Tasman Keith speaks the truth on My Pelopolees

From a young age, Gumbaynggirr man, Tasman Keith has been compelled to continue the great traditions of his people by telling stories through music. As the son of Aboriginal hip-hop pioneer, Wire MC; Tasman brings forward the next generation of delivering a powerful message through a unique sound of hip-hop, R&B and ‘new-wave’ funk.

His new single My Pelopolees steps up to the plate and heralds the arrival of a real contender, an uncompromising track both lyrically and musically.

Tasman Keith - My Pelopolees - Artwork.jpg

In its most raw form, My Pelopolees is an ode to my grandfather, William Jarrett (better known as Billy Jack) and my uncle Mark Ballangarry, who was better known as Uncle Spits,” said Tasman. “Uncle Spits originally coined the term ‘Pelopolees’ (meaning people) long before the early 2000s but it wasn’t until then that my Grandfather pulled inspiration from the word and recorded a song, which told Uncle Spits’ story. Sadly, Uncle Spits passed away in 2016 and in 2017, I began to write my version of the song, now titling it My Pelopolees.

“The song itself speaks on personal triumph, overcoming odds that Aboriginal people face in today’s society. It also holds reference to ‘our spirit living on after we’ve died’ – which is the exact inspiration that I held from Uncle Spits’ passing and many relatives before him. Although the word itself is dope, it really hooks you in for an amazing chorus but it also gave me a chance to introduce Bowraville slang whilst speaking for my people and conquering these ideas that society places on us.”
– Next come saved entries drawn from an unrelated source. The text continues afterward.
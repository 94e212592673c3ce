-- ===== src/Session/Calls.antt =====
-- What the parts of `free` of netpool/outclass/CNetRecv.cpp do, with and without a job that is to stay.
use netpool.Base.{
  ℕ, ◌≡◌, refl, Bool, true, false, ◌||◌, Option, none, some, List, ◌∷◌, ◌++◌, arith, if_cases,
}
use netpool.NetPoll.{IoJob, CtlOp, find_io_job}
use netpool.Session.{
  Conn, Session, free_callback, after_np, unregister_write, unregister_connect, free_write,
}
use netpool.Session.Deletion.{without_write, InRange, del_write_job_found, del_write_job-none}

-- The events of the job are those that the connection has registered, and it has registered one.
pub record Registered (c : Conn) (j : IoJob) : Type 0 where
  pub reads : j.event_read ≡ true → c.is_register_read ≡ true
  pub writes : j.event_write ≡ true → (c.is_register_write || c.is_register_connect) ≡ true
  pub registers : (c.is_register_read || (c.is_register_write || c.is_register_connect)) ≡ true

module _ {E : Type 0} (epoll_ctl : CtlOp → Option ℕ → (fd : ℕ) → E → Bool × E) where
  -- The same jobs and the same kernel.
  abbrev pub Untouched : Session E → Session E → Type 0
  Untouched s s' =
      (s'.poll ≡ s.poll)
      × (s'.kernel ≡ s.kernel)
      × (s'.conn.fd ≡ s.conn.fd)
      × (s'.conn.is_register_read ≡ s.conn.is_register_read)

  -- A step that is taken, and what holds of the session after it.
  abbrev pub Leads : (Session E → Type 0) → Option (Session E) → Type 0
  Leads P o = (s' : Session E) × (o ≡ some s') × P s'

  abbrev pub Missing : Session E → Type 0
  Missing s = find_io_job s.conn.fd s.poll.io_jobs ≡ none

  pub unregister_write_none :
      (s : Session E) → Missing s → Leads (Untouched s) (unregister_write epoll_ctl s)
  unfolding unregister_write after_np
  unregister_write_none s h = (
    record s { conn = record s.conn { is_register_write = false } },
    rw (del_write_job-none epoll_ctl s.poll s.conn.fd free_callback s.kernel h) refl,
    (refl, refl, refl, refl),
  )

  pub unregister_connect_none :
      (s : Session E) → Missing s → Leads (Untouched s) (unregister_connect epoll_ctl s)
  unfolding unregister_connect after_np
  unregister_connect_none s h = (
    record s { conn = record s.conn { is_register_connect = false } },
    rw (del_write_job-none epoll_ctl s.poll s.conn.fd free_callback s.kernel h) refl,
    (refl, refl, refl, refl),
  )

  -- Without a job that is to stay, `free` has nothing to unregister.
  pub free_write_none : (s : Session E) → Missing s → Leads (Untouched s) (free_write epoll_ctl s)
  unfolding free_write
  free_write_none s h =
      if_cases (Leads (Untouched s)) s.conn.is_register_write (λ w. unregister_write_none s h)
        (λ w.
          if_cases (Leads (Untouched s)) s.conn.is_register_connect
            (λ c. unregister_connect_none s h) (λ c. (s, refl, (refl, refl, refl, refl))))

  -- The jobs are these, and the connection is the same but for its other flags.
  abbrev pub Has : Session E → List IoJob → Session E → Type 0
  Has s jobs s' =
      (s'.poll.io_jobs ≡ jobs)
      × (s'.conn.fd ≡ s.conn.fd)
      × (s'.conn.is_register_read ≡ s.conn.is_register_read)

  module _ (s : Session E) {before : List IoJob} {k : IoJob} {after : List IoJob}
      (found : find_io_job s.conn.fd s.poll.io_jobs ≡ some (before, k, after))
      (range : InRange epoll_ctl s.poll k) where
    abbrev pub Unwritten : Session E → Type 0
    Unwritten = Has s (before ++ without_write free_callback k ∷ after)

    pub unregister_write_found : Leads Unwritten (unregister_write epoll_ctl s)
    unfolding unregister_write after_np
    unregister_write_found =
        let (e', run) =
          del_write_job_found epoll_ctl s.poll s.conn.fd free_callback s.kernel found range in
        (
          record s {
            poll = record s.poll { io_jobs = before ++ without_write free_callback k ∷ after };
            kernel = e';
            conn = record s.conn { is_register_write = false };
          },
          rw run refl,
          (refl, refl, refl),
        )

    pub unregister_connect_found : Leads Unwritten (unregister_connect epoll_ctl s)
    unfolding unregister_connect after_np
    unregister_connect_found =
        let (e', run) =
          del_write_job_found epoll_ctl s.poll s.conn.fd free_callback s.kernel found range in
        (
          record s {
            poll = record s.poll { io_jobs = before ++ without_write free_callback k ∷ after };
            kernel = e';
            conn = record s.conn { is_register_connect = false };
          },
          rw run refl,
          (refl, refl, refl),
        )

    pub free_write_found :
        (s.conn.is_register_write || s.conn.is_register_connect) ≡ true
        → Leads Unwritten (free_write epoll_ctl s)
    unfolding free_write
    free_write_found some_flag =
        if_cases (Leads Unwritten) s.conn.is_register_write (λ w. unregister_write_found)
          (λ w.
            if_cases (Leads Unwritten) s.conn.is_register_connect (λ c. unregister_connect_found)
              (λ c. absurd (ground arith)))
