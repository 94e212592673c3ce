-- ===== src/Session/Free.antt =====
-- What `free` of netpool/outclass/CNetRecv.cpp does to the job of the connection in the list of
-- netpool/src/CJobIoMgr.cpp.
use netpool.Base.{
  ℕ, ◌≡◌, refl, sym, ap, subst, ◌∙◌, Bool, true, false, ◌||◌, Option, some, List, ◌∷◌, ◌++◌, arith,
  ◌==◌, Bool-cases, inl, inr, if_cases,
}
use netpool.NetPoll.{IoJob, CtlOp, find_io_job}
use netpool.NetPoll.Find.{Stands, find_io_job-append}
use netpool.Session.{Session, free_callback, after_np, and_then, unregister_read, free_write, free}
use netpool.Session.Deletion.{without_read, without_write, InRange, del_read_job_found}
use netpool.Session.Calls.{Registered, Untouched, Leads, Missing, free_write_none, free_write_found}

module _ {E : Type 0} (epoll_ctl : CtlOp → Option ℕ → (fd : ℕ) → E → Bool × E) where
  -- The job of the connection after `free`: it stands where it stood, it is to be deleted by the thread that it
  -- had, and _free_callback() will be called for it.
  pub record Condemned (before : List IoJob) (j : IoJob) (after : List IoJob) (s' : Session E)
      : Type 0 where
    pub job : IoJob
    pub at : s'.poll.io_jobs ≡ before ++ job ∷ after
    pub is_same : (job.addr ≡ j.addr) × (job.fd ≡ j.fd) × (job.thrd_index ≡ j.thrd_index)
    pub is_marked : job.is_want_delete ≡ true
    pub will_free : job.free_func ≡ free_callback

  -- `free` has been called, and another call would change neither the jobs nor the kernel.
  abbrev pub Freed : (before : List IoJob) → IoJob → (after : List IoJob) → Session E → Type 0
  Freed before j after s' =
      Condemned before j after s' × Leads epoll_ctl (Untouched epoll_ctl s') (free epoll_ctl s')

  abbrev closing : Session E → Session E
  closing s = record s { conn = record s.conn { is_freed = true } }

  free_cases :
      (P : Option (Session E) → Type 0) (s : Session E)
      → (s.conn.is_register_read ≡ true
          → P (and_then (unregister_read epoll_ctl (closing s)) (free_write epoll_ctl)))
      → (s.conn.is_register_read ≡ false → P (free_write epoll_ctl (closing s)))
      → P (free epoll_ctl s)
  unfolding free and_then
  free_cases P s read unread =
      if_cases (λ o. P (and_then o (free_write epoll_ctl))) s.conn.is_register_read read unread

  -- With a job that is to be deleted, and no registration to read, `free` does nothing.
  free_again :
      (s : Session E)
      → s.conn.is_register_read ≡ false
      → Missing epoll_ctl s
      → Leads epoll_ctl (Untouched epoll_ctl s) (free epoll_ctl s)
  free_again s unread h =
      free_cases (Leads epoll_ctl (Untouched epoll_ctl s)) s (λ r. absurd (ground arith))
        (λ r. free_write_none epoll_ctl (closing s) h)

  module _ (s : Session E) (before : List IoJob) (j : IoJob) (after : List IoJob)
      (stands : Stands s.conn.fd s.poll.io_jobs before j after) where
    abbrev pub IsFreed : Session E → Type 0
    IsFreed = Freed before j after

    -- A job in this place that is to be deleted hides those behind it.
    missing :
        (t : Session E) (k : IoJob)
        → t.poll.io_jobs ≡ before ++ k ∷ after
        → t.conn.fd ≡ s.conn.fd
        → k.fd ≡ j.fd
        → k.is_want_delete ≡ true
        → Missing epoll_ctl t
    missing t k at fd same gone =
        let hit : (k.fd == s.conn.fd) ≡ true =
          subst (λ n. (n == s.conn.fd) ≡ true) (sym same) stands.hit in
        rw (at, fd, find_io_job-append s.conn.fd before k after stands.passed hit, gone) refl

    is_freed :
        (t : Session E) (k : IoJob)
        → t.poll.io_jobs ≡ before ++ k ∷ after
        → t.conn.fd ≡ s.conn.fd
        → t.conn.is_register_read ≡ false
        → (k.addr ≡ j.addr) × (k.fd ≡ j.fd) × (k.thrd_index ≡ j.thrd_index)
        → k.is_want_delete ≡ true
        → k.free_func ≡ free_callback
        → IsFreed t
    is_freed t k at fd unread same gone frees = (
      record { job = k; at = at; is_same = same; is_marked = gone; will_free = frees },
      free_again t unread (missing t k at fd same.1 gone),
    )

    -- The job is marked already when the write event is unregistered.
    free_write_marked :
        (t : Session E) (k : IoJob)
        → t.poll.io_jobs ≡ before ++ k ∷ after
        → t.conn.fd ≡ s.conn.fd
        → t.conn.is_register_read ≡ false
        → (k.addr ≡ j.addr) × (k.fd ≡ j.fd) × (k.thrd_index ≡ j.thrd_index)
        → k.is_want_delete ≡ true
        → k.free_func ≡ free_callback
        → Leads epoll_ctl IsFreed (free_write epoll_ctl t)
    free_write_marked t k at fd unread same gone frees =
        let (t', run, (poll, kernel, fd', unread')) =
          free_write_none epoll_ctl t (missing t k at fd same.1 gone) in
        (
          t',
          run,
          is_freed t' k (ap (λ p. p.io_jobs) poll ∙ at) (fd' ∙ fd) (unread' ∙ unread) same gone
              frees,
        )

    -- The job is marked when the write event is unregistered.
    free_write_marks :
        (t : Session E) (k : IoJob)
        → t.poll.io_jobs ≡ before ++ k ∷ after
        → t.poll.epfds ≡ s.poll.epfds
        → t.conn.fd ≡ s.conn.fd
        → t.conn.is_register_read ≡ false
        → (k.addr ≡ j.addr) × (k.fd ≡ j.fd) × (k.thrd_index ≡ j.thrd_index)
        → InRange epoll_ctl s.poll j
        → k.is_want_delete ≡ false
        → k.event_read ≡ false
        → (t.conn.is_register_write || t.conn.is_register_connect) ≡ true
        → Leads epoll_ctl IsFreed (free_write epoll_ctl t)
    free_write_marks t k at epfds fd unread same (epfd, range) stays deaf flag =
        let hit : (k.fd == s.conn.fd) ≡ true =
          subst (λ n. (n == s.conn.fd) ≡ true) (sym same.1) stands.hit in
        let found : find_io_job t.conn.fd t.poll.io_jobs ≡ some (before, k, after) =
          rw (at, fd, find_io_job-append s.conn.fd before k after stands.passed hit, stays) refl in
        let (t', run, (jobs, fd', unread')) =
          free_write_found epoll_ctl t found (epfd, rw (epfds, same.2) range) flag in
        (
          t',
          run,
          is_freed t' (without_write free_callback k) jobs (fd' ∙ fd) (unread' ∙ unread) same
              (rw deaf refl) refl,
        )

    -- `unregister_read` on the job of the connection.
    abbrev unread_session : E → Session E
    unread_session e' = record s {
      poll = record s.poll { io_jobs = before ++ without_read free_callback j ∷ after };
      kernel = e';
      conn = record s.conn { is_freed = true; is_register_read = false };
    }

    unregister_read_found :
        InRange epoll_ctl s.poll j
        → (e' : E) × (unregister_read epoll_ctl (closing s) ≡ some (unread_session e'))
    unfolding unregister_read after_np
    unregister_read_found range =
        let found : find_io_job s.conn.fd s.poll.io_jobs ≡ some (before, j, after) =
          rw
            (
              stands.splits,
              find_io_job-append s.conn.fd before j after stands.passed stands.hit,
              stands.wanted,
            )
            refl in
        let (e', run) =
          del_read_job_found epoll_ctl s.poll s.conn.fd free_callback s.kernel found range in
        (e', rw run refl)

    -- If the first job with the descriptor of the connection is not marked for deletion, has no event but those
    -- that the connection has registered, at least one, and its thread has a place in m_epfd, then
    -- `free` returns, whatever epoll_ctl answers; after it the job is marked for deletion in the thread that
    -- it had, with _free_callback() as its callback, and the other jobs are as they were. A second call
    -- returns too, and changes neither the jobs nor the kernel.
    pub free-Condemns :
        InRange epoll_ctl s.poll j
        → Registered s.conn j
        → Leads epoll_ctl IsFreed (free epoll_ctl s)
    unfolding and_then
    free-Condemns range registered =
        free_cases (Leads epoll_ctl IsFreed) s
          (λ r.
            let (e', run) = unregister_read_found range in
            let t = unread_session e' in
            let k = without_read free_callback j in
            subst (λ o. Leads epoll_ctl IsFreed (and_then o (free_write epoll_ctl))) (sym run)
              (elim (Bool-cases j.event_write) [
                | inl w ↦
                    free_write_marks t k refl refl refl refl (refl, refl, refl) range
                      (rw w stands.wanted) refl (registered.writes w)
                | inr w ↦ free_write_marked t k refl refl refl (refl, refl, refl) (rw w refl) refl
              ]))
          (λ r.
            free_write_marks (closing s) j stands.splits refl refl r (refl, refl, refl) range
              stands.wanted (not_reading r) (ground (arith, registered.registers, r)))
      where
        not_reading : s.conn.is_register_read ≡ false → j.event_read ≡ false
        not_reading r = elim (Bool-cases j.event_read) [
          | inl e ↦ absurd (ground (arith, registered.reads e, r))
          | inr e ↦ e
        ]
2017 marked a major milestone for Tasman; bursting on the independent hip-hop scene with his debut studio single ‘Might Snap’ which followed multiple underground mixtape releases since 2014. ‘Might Snap’ went into rotation across several community radio platforms including FBi Radio and received critical acclaim on triple j Unearthed. Shortly after, Tasman teamed up with ARIA nominated producer James Mangohig and Bad Apples Music’s Nooky to begin the process of compiling his debut studio EP.

Tasman has since shared the stage with renowned artists such as A. B. Original, Briggs, Birdz and Caiti Baker and performed at the Blue Mountain Music Festival and the Bad Apples Music House Party. Tasman had also collaborated with renown writer, poet, and rapper Omar Musa for the lead single ‘Assimilate’ on his album, ‘Since Ali Died’.

Tasman echoes the powerful message he presents in his music, using his platform to be a powerful voice for social justice and Indigenous issues. He was invited by lauded UK hip-hop artist, poet, writer, and activist Akala to sit on the Sydney Ideas Panel during which Tasman spoke passionately about the importance of using hip-hop as a medium to shed light on important issues facing his community and society at large.

2018 is set to be a big year for Tasman Keith, with the now Sydney-based artist’s debut EP due in the second half, embodying a sound that will rattle the music scene and cement him as a future face and voice of hip-hop in Australia.